[Dataset excerpts]
◇ ◇ ◇ ◇ ◇ ◇ ◇
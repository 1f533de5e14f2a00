-- ===== src/Session/Scrollback/Replay.antt =====
-- A client that connects: its history and what it receives live, against the frames recorded.
use mathlib.Core.List.{append_assoc, append-nil}
use zeromux.Posture.{PostureDelta}
use zeromux.Prelude.{
  ℕ, ◌≡◌, refl, sym, ap, subst, ◌∙◌, Bool, Option, none, some, List, [], ◌∷◌, ◌++◌, Text, arith,
  length, drop, is_empty, ◌&&◌,
}
use zeromux.Session.{Session, RunningProcess}
use zeromux.Session.Scrollback.{
  scrollback_max_bytes, push_frame, send_frame, apply_delta, record_and_broadcast,
  subscribe_with_history, received,
}
use zeromux.Session.Scrollback.Bounds.{
  total_bytes, IsSuffix, IsBounded, IsTrimmed, IsNeeded-later, is_empty-append, push_frame-Pushed,
}

-- One call of `record_and_broadcast`, and a sequence of them.
pub record Sent : Type 0 where
  pub now : ℕ
  pub frame : Text
  pub bump : Bool
  pub delta : Option PostureDelta

unfoldable pub record_all : List Sent → Session → Session
record_all [] s = s
record_all (x ∷ xs) s = record_all xs (record_and_broadcast x.now x.frame x.bump x.delta s)

abbrev pub frames : List Sent → List Text
frames [] = []
frames (x ∷ xs) = x.frame ∷ frames xs

-- The frames sent on the channel of the session's process.
abbrev pub channel : Session → List Text
channel s = elim s.running [ none ↦ [] | some rp ↦ rp.event_tx ]

abbrev Live : Session → List Text → Type 0
Live s log = (rp : RunningProcess) × (s.running ≡ some rp) × (rp.event_tx ≡ log)

record-Live :
    (x : Sent) (s : Session) (log : List Text)
    → Live s log
    → Live (record_and_broadcast x.now x.frame x.bump x.delta s) (log ++ x.frame ∷ [])
unfolding record_and_broadcast send_frame
record-Live x s log (rp, e, sent) = (
  record rp { event_tx = rp.event_tx ++ x.frame ∷ [] },
  ground arith,
  ap (λ l. l ++ x.frame ∷ []) sent,
)

record_all-Live :
    (xs : List Sent) (s : Session) (log : List Text)
    → Live s log
    → Live (record_all xs s) (log ++ frames xs)
unfolding record_all
record_all-Live [] s log v = subst (Live s) (sym (append-nil log)) v
record_all-Live (x ∷ xs) s log v =
    let t = record_and_broadcast x.now x.frame x.bump x.delta s in
    subst (Live (record_all xs t)) (append_assoc log (x.frame ∷ []) (frames xs))
      (record_all-Live xs t (log ++ x.frame ∷ []) (record-Live x s log v))

-- From `s` to `t` the frames `fs` are recorded, and the buffer is the end of all there were, as long as it
-- may be.
abbrev pub Extends : Session → Session → List Text → Type 0
Extends s t fs =
    IsTrimmed t.scrollback (s.scrollback ++ fs) × IsBounded t.scrollback t.scrollback_bytes

record-Extends :
    (now : ℕ) (frame : Text) (bump : Bool) (delta : Option PostureDelta) (s : Session)
    → s.scrollback_bytes ≡ total_bytes s.scrollback
    → Extends s (record_and_broadcast now frame bump delta s) (frame ∷ [])
unfolding record_and_broadcast apply_delta push_frame
record-Extends now frame bump none s e =
    let v = push_frame-Pushed frame s e in (v.trimmed, v.bounded)
record-Extends now frame bump (some d) s e =
    let v = push_frame-Pushed frame s e in (v.trimmed, v.bounded)

IsTrimmed-trans :
    (xs ys zs fs gs : List Text)
    → IsTrimmed ys (xs ++ fs)
    → IsTrimmed zs (ys ++ gs)
    → IsTrimmed zs (xs ++ (fs ++ gs))
IsTrimmed-trans xs ys zs fs gs (a, p, n, e) (b, q, m, k) = (
  a ++ b,
  append_assoc a b zs
      ∙ ap (λ l. a ++ l) q
      ∙ sym (append_assoc a ys gs)
      ∙ ap (λ l. l ++ gs) p
      ∙ append_assoc xs fs gs,
  IsNeeded-later scrollback_max_bytes a b ys zs gs n q m,
  k
      ∙ is_empty-append ys gs
      ∙ ap (λ x. x && is_empty gs) e
      ∙ sym (is_empty-append (xs ++ fs) gs)
      ∙ ap is_empty (append_assoc xs fs gs),
)

-- From a buffer that is counted and capped, after any frames it is the newest of all there were, with
-- no gap, its bytes are counted right, and they are within the cap unless one frame alone exceeds it.
-- It is as long as it may be: the newest frame is never dropped, and the last one that is gone would have
-- exceeded the cap with those that are kept.
pub record_all-Extends :
    (xs : List Sent) (s : Session)
    → IsBounded s.scrollback s.scrollback_bytes
    → Extends s (record_all xs s) (frames xs)
unfolding record_all
record_all-Extends [] s v =
    (([], sym (append-nil s.scrollback), tt, ap is_empty (sym (append-nil s.scrollback))), v)
record_all-Extends (x ∷ xs) s v =
    let t = record_and_broadcast x.now x.frame x.bump x.delta s in
    let (first, exact) = record-Extends x.now x.frame x.bump x.delta s v.0 in
    let (rest, bounded) = record_all-Extends xs t exact in
    (
      IsTrimmed-trans s.scrollback t.scrollback (record_all xs t).scrollback (x.frame ∷ [])
          (frames xs) first rest,
      bounded,
    )

drop-append : (xs ys : List Text) → drop (length xs) (xs ++ ys) ≡ ys
drop-append [] ys = refl
drop-append (x ∷ xs) ys = drop-append xs ys

channel_of_Live : (s : Session) (log : List Text) → Live s log → channel s ≡ log
channel_of_Live s log v = ground arith

subscribed :
    (t : Session) (rp : RunningProcess) (history : List Text) (from : ℕ)
    → t.running ≡ some rp
    → subscribe_with_history t ≡ some (history, from)
    → (history ≡ t.scrollback) × (from ≡ length rp.event_tx)
unfolding subscribe_with_history
subscribed t rp history from e sub = (ground arith, ground arith)

-- What arrives on the channel after the process's log is what is recorded after it.
received-after :
    (t : Session) (rp : RunningProcess) (after : List Sent)
    → t.running ≡ some rp
    → received (length rp.event_tx) (channel (record_all after t)) ≡ frames after
received-after t rp after e =
    let live = record_all-Live after t rp.event_tx (rp, e, refl) in
    let log = rp.event_tx ++ frames after in
    ap (received (length rp.event_tx)) (channel_of_Live (record_all after t) log live)
    ∙ drop-append rp.event_tx (frames after)

-- A client that connects to a session of a live process whose buffer was empty, after the frames of
-- `before`, and stays for those of `after`: its history and what it receives are together the end of
-- all the frames, so it misses none after the first it has, and gets none twice.
pub reconnect_gapless :
    (s : Session) (rp : RunningProcess) (before after : List Sent) (history : List Text) (from : ℕ)
    → s.running ≡ some rp
    → s.scrollback ≡ []
    → s.scrollback_bytes ≡ 0
    → subscribe_with_history (record_all before s) ≡ some (history, from)
    → IsSuffix
        (history ++ received from (channel (record_all after (record_all before s))))
        (frames before ++ frames after)
unfolding subscribe_with_history
reconnect_gapless s rp before after history from live none_yet no_bytes sub =
    let t = record_all before s in
    let (now_live, e, _) = record_all-Live before s rp.event_tx (rp, live, refl) in
    let (is_buffer, is_place) = subscribed t now_live history from e sub in
    let bounded : IsBounded s.scrollback s.scrollback_bytes = ground (arith, none_yet) in
    let ((gone, whole, _, _), _) = record_all-Extends before s bounded in
    let seen : gone ++ history ≡ frames before =
      ap (λ h. gone ++ h) is_buffer ∙ whole ∙ ap (λ l. l ++ frames before) none_yet in
    let got : received from (channel (record_all after t)) ≡ frames after =
      ap (λ (n : ℕ). received n (channel (record_all after t))) is_place
      ∙ received-after t now_live after e in
    let later = received from (channel (record_all after t)) in
    (
      gone,
      sym (append_assoc gone history later)
          ∙ ap (λ l. l ++ later) seen
          ∙ ap (λ l. frames before ++ l) got,
    )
◇ ◇ ◇ ◇ ◇ ◇ ◇
#### Problem details:
From the line that has "s.scrollback_bytes ≡ total_bytes s.scrollback" through the line that has "append_assoc a b zs", copy every line exactly as it appears above, and leave out all others.

#### Answer below:
    → s.scrollback_bytes ≡ total_bytes s.scrollback
    → Extends s (record_and_broadcast now frame bump delta s) (frame ∷ [])
unfolding record_and_broadcast apply_delta push_frame
record-Extends now frame bump none s e =
    let v = push_frame-Pushed frame s e in (v.trimmed, v.bounded)
record-Extends now frame bump (some d) s e =
    let v = push_frame-Pushed frame s e in (v.trimmed, v.bounded)

IsTrimmed-trans :
    (xs ys zs fs gs : List Text)
    → IsTrimmed ys (xs ++ fs)
    → IsTrimmed zs (ys ++ gs)
    → IsTrimmed zs (xs ++ (fs ++ gs))
IsTrimmed-trans xs ys zs fs gs (a, p, n, e) (b, q, m, k) = (
  a ++ b,
  append_assoc a b zs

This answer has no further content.